Despite various trains being out of action / missing in action I've made it to the dentists; phew! I go in for my checkup and plan to take a look at the issue later that evening. In the meantime I've hoping that Tobias (Sokra) will get chance to republish so that ts-loader users aren't too impacted.

18:00

Done at the dentist and I'm heading home. Whilst I've been opening wide and squinting at the ceiling, TypeScript 2.2 has shipped. Whilst this is super exciting, according to Greenkeeper, the new version has broken the build. Arrrrghhhh...

I start to look into this and realise we're not broken because of TypeScript 2.2; we were broken because of the mtimes. Tobias has now re-added mtimes and published. With that in place I requeue a build and.... drum roll.... we're green!

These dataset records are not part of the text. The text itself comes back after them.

-- ===== src/Json.antt =====
-- The values that json.loads returns, and the tests that the scripts make on them. Numbers are
-- the non-negative integers, the only ones that the program's own files hold.
use desktop_pc24x7_runtime.Prelude.{
  ℕ, zero, suc, String, Bool, true, false, List, [], ◌∷◌, ◌==◌, ◌||◌, if◌then◌else◌,
}

mutual
  pub data Json : Type 0 where
    null : Json
    bool : Bool → Json
    num : ℕ → Json
    text : String → Json
    arr : Items → Json
    obj : Fields → Json

  pub data Items : Type 0 where
    nil : Items
    cons : Json → Items → Items

  pub data Fields : Type 0 where
    end : Fields
    field : String → Json → Fields → Fields

unfoldable pub field_of : String → Fields → Json
field_of k end = null
field_of k (field j v fs) = if j == k then v else field_of k fs

unfoldable pub has_field : String → Fields → Bool
has_field k end = false
has_field k (field j v fs) = j == k || has_field k fs

-- value.get(k) of a dict; the callers test isinstance(value, dict) first.
unfoldable pub get : String → Json → Json
unfolding field_of
get k (obj fs) = field_of k fs
get k _ = null

-- `k in value` for a dict.
unfoldable pub has_key : String → Json → Bool
unfolding has_field
has_key k (obj fs) = has_field k fs
has_key k _ = false

abbrev pub is_dict : Json → Bool
is_dict (obj _) = true
is_dict _ = false

-- `value is True`
abbrev pub is_true : Json → Bool
is_true (bool b) = b
is_true _ = false

-- `value == s`
abbrev pub is_text : Json → String → Bool
is_text (text t) s = t == s
is_text _ s = false

-- bool(value)
abbrev pub truthy : Json → Bool
truthy null = false
truthy (bool b) = b
truthy (num n) = elim n [ zero ↦ false | suc _ ↦ true ]
truthy (text s) = if s == "" then false else true
truthy (arr nil) = false
truthy (arr _) = true
truthy (obj end) = false
truthy (obj _) = true

abbrev pub elements : Items → List Json
elements nil = []
elements (cons x xs) = x ∷ elements xs

-- A dict display, in its order.
abbrev pub dict : List (String × Json) → Fields
dict [] = end
dict ((k, v) ∷ rest) = field k v (dict rest)

abbrev pub object : List (String × Json) → Json
object fields = obj (dict fields)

The good news just keeps on coming as Luka Zakrajšek has submitted a PR which uses getTimes() in place of mtimes. And the tests pass. Awesome! MERGE. I just need to cut a release and we're done.

18:15

I'm home. My youngest son has been suffering from chicken pox all week and as a result my wife has been in isolation, taking care of him. We chat whilst the boys watch Paw Patrol as the bath runs. I flick open the laptop and start doing the various housekeeping tasks around cutting a release. This is interrupted by various bathtime / bedtime activities and I abandon work for now.

19:30

The boys are down and I get on with the release; updating the changelog, bumping the version number and running the tests. For various reasons this takes longer than it normally does.

20:30

Finally we're there; ts-loader 2.0.1 ships: https://github.com/TypeStrong/ts-loader/releases/tag/v2.0.1.

I'm tremendously grateful to everyone that helped out - thank you all!